Goal of the exercise:
Below this sentence is a listing; return exactly its lines from the one with "d.disabled ≡ true" to the one with "KeyForms) (s : Memory) (user name : Text)", both kept, and nothing more.
*** Opening of Listed records ***
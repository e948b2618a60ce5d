-- ===== src/Devices/Requests/Blocked.antt =====
-- From the request that blocks a device to the interface.
use wg_access_server.Prelude.{
  ℕ, Bool, true, false, ◌≡◌, ◌≢◌, refl, sym, ap, ◌∙◌, Option, some, List, [], ◌∷◌, arith, ==_refl,
  elem, list_eq, nat_eq, Bool-cases, Option-cases, inl, inr, ok, >>=-eq-ok, subst,
}
use wg_access_server.Prelude.GoMap.{get, put, get-put}
use wg_access_server.Prelude.Text.{Text}
use wg_access_server.Storage.{Device, access_allowed, device_key}
use wg_access_server.Storage.Memory.{Memory, Outcome, changed_to, set_access, get_device, updated}
use wg_access_server.Storage.Memory.Wellformed.Steps.{Sound, set_access-IsWellformed}
use wg_access_server.Devices.Manager.{
  AccessChange, from_storage, new_disabled, new_expiry, set_device_access,
}
use wg_access_server.Devices.Sync.{
  Peer, WireGuard, KeyForms, list_all_devices, allowed_keys, sync_peers,
}
use wg_access_server.Devices.Requests.Steps.{from_storage-eq-ok}
use wg_access_server.Devices.Sync.Peers.{IsReliable, has-sync_peers}
use wg_access_server.Devices.Sync.Stored.{allowed-get}

changed_to-stored :
    (s : Memory) (changed : Device) (o : Outcome Device)
    → changed_to s changed ≡ ok o
    → (changed ≡ o.value) × (get o.after.db (device_key o.value) ≡ some o.value)
changed_to-stored s changed o h =
    let written : Outcome Device = record {
      after = record s { db = put s.db (device_key changed) changed };
      events = updated changed ∷ [];
      value = changed;
    } in
    let same : written ≡ o = ground (arith, h) in
    let stored : get written.after.db (device_key changed) ≡ some changed = ground (
      arith,
      ==_refl (device_key changed),
      get-put s.db (device_key changed) (device_key changed) changed,
    ) in
    subst
      (λ (p : Outcome Device).
        (changed ≡ p.value) × (get p.after.db (device_key p.value) ≡ some p.value))
      same (refl, stored)

set_access-stored :
    (s : Memory) (d : Device) (blocked : Bool) (expiry : Option ℕ) (o : Outcome Device)
    → set_access s d blocked expiry ≡ ok o
    → (o.value.disabled ≡ blocked) × (get o.after.db (device_key o.value) ≡ some o.value)
unfolding set_access
set_access-stored s d blocked expiry o h = elim (Option-cases (get s.db (device_key d))) [
  | inl e ↦ ground arith
  | inr (stored, e) ↦
      let changed : Device = record stored { disabled = blocked; expires_at = expiry } in
      let written : changed_to s changed ≡ ok o = ground (arith, h, e) in
      let (same, g) = changed_to-stored s changed o written in
      (ap (λ (x : Device). x.disabled) (sym same), g)
]

-- A change that blocks the device blocks it in the store.
set_device_access-blocks :
    (s : Memory) (user name : Text) (change : AccessChange) (now : ℕ) (o : Outcome Device)
    → Sound s
    → change.disabled ≡ some true
    → set_device_access s user name change now ≡ ok o
    → Sound o.after × (o.value.disabled ≡ true) × ((k : Text) × (get o.after.db k ≡ some o.value))
unfolding set_device_access
set_device_access-blocks s user name change now o w asked h =
    let (d, at, r) = >>=-eq-ok (from_storage (get_device s user name)) _ h in
    let (expiry, at', r') =
      >>=-eq-ok (new_expiry change.clear_expires_at change.expires_at d.expires_at now) _ r in
    let blocked : Bool = new_disabled change.disabled d.disabled in
    let done = from_storage-eq-ok (set_access s d blocked expiry) o r' in
    let (q, g) = set_access-stored s d blocked expiry o done in
    (
      set_access-IsWellformed s d o blocked expiry done w,
      q ∙ ap (λ (x : Option Bool). new_disabled x d.disabled) asked,
      (device_key o.value, g),
    )

pub blocked-refused :
    (s : Memory) (later : ℕ) (k : Text) (d : Device)
    → Sound s
    → get s.db k ≡ some d
    → d.disabled ≡ true
    → d.public_key ≢ []
    → elem d.public_key (allowed_keys (list_all_devices s) later) ≡ false
unfolding access_allowed
blocked-refused s later k d w g blocked named =
    elim (Bool-cases (elem d.public_key (allowed_keys (list_all_devices s) later))) [
      | inr absent ↦ absent
      | inl present ↦
          let (j, e, at, same, allowed) = allowed-get s later d.public_key w.is_map present in
          ground (arith, w.unique j k e d at g same (λ z. named (sym same ∙ z)))
    ]

-- With a reliable interface and well-formed devices: once a request to block a device has been
-- served, a sync at any later or earlier time, whatever peers there are, leaves no peer for the
-- device's public key, if that key is not empty.
pub sync_peers-blocked :
    {wg : WireGuard} (r : IsReliable wg) (f : KeyForms) (s : Memory) (user name : Text)
    (change : AccessChange) (now later : ℕ) (o : Outcome Device) (st : wg.State) (ps : List Peer)
    → Sound s
    → change.disabled ≡ some true
    → set_device_access s user name change now ≡ ok o
    → o.value.public_key ≢ []
    → wg.list_peers st ≡ some ps
    → r.has (sync_peers wg f o.after later st).0 o.value.public_key ≡ false
sync_peers-blocked r f s user name change now later o st ps w asked h named listed =
    let (w', blocked, (k, g)) = set_device_access-blocks s user name change now o w asked h in
    has-sync_peers r f o.after later st ps o.value.public_key listed
    ∙ blocked-refused o.after later k o.value w' g blocked named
*** Close of Listed records ***
Exercise output:
    → d.disabled ≡ true
    → d.public_key ≢ []
    → elem d.public_key (allowed_keys (list_all_devices s) later) ≡ false
unfolding access_allowed
blocked-refused s later k d w g blocked named =
    elim (Bool-cases (elem d.public_key (allowed_keys (list_all_devices s) later))) [
      | inr absent ↦ absent
      | inl present ↦
          let (j, e, at, same, allowed) = allowed-get s later d.public_key w.is_map present in
          ground (arith, w.unique j k e d at g same (λ z. named (sym same ∙ z)))
    ]

-- With a reliable interface and well-formed devices: once a request to block a device has been
-- served, a sync at any later or earlier time, whatever peers there are, leaves no peer for the
-- device's public key, if that key is not empty.
pub sync_peers-blocked :
    {wg : WireGuard} (r : IsReliable wg) (f : KeyForms) (s : Memory) (user name : Text)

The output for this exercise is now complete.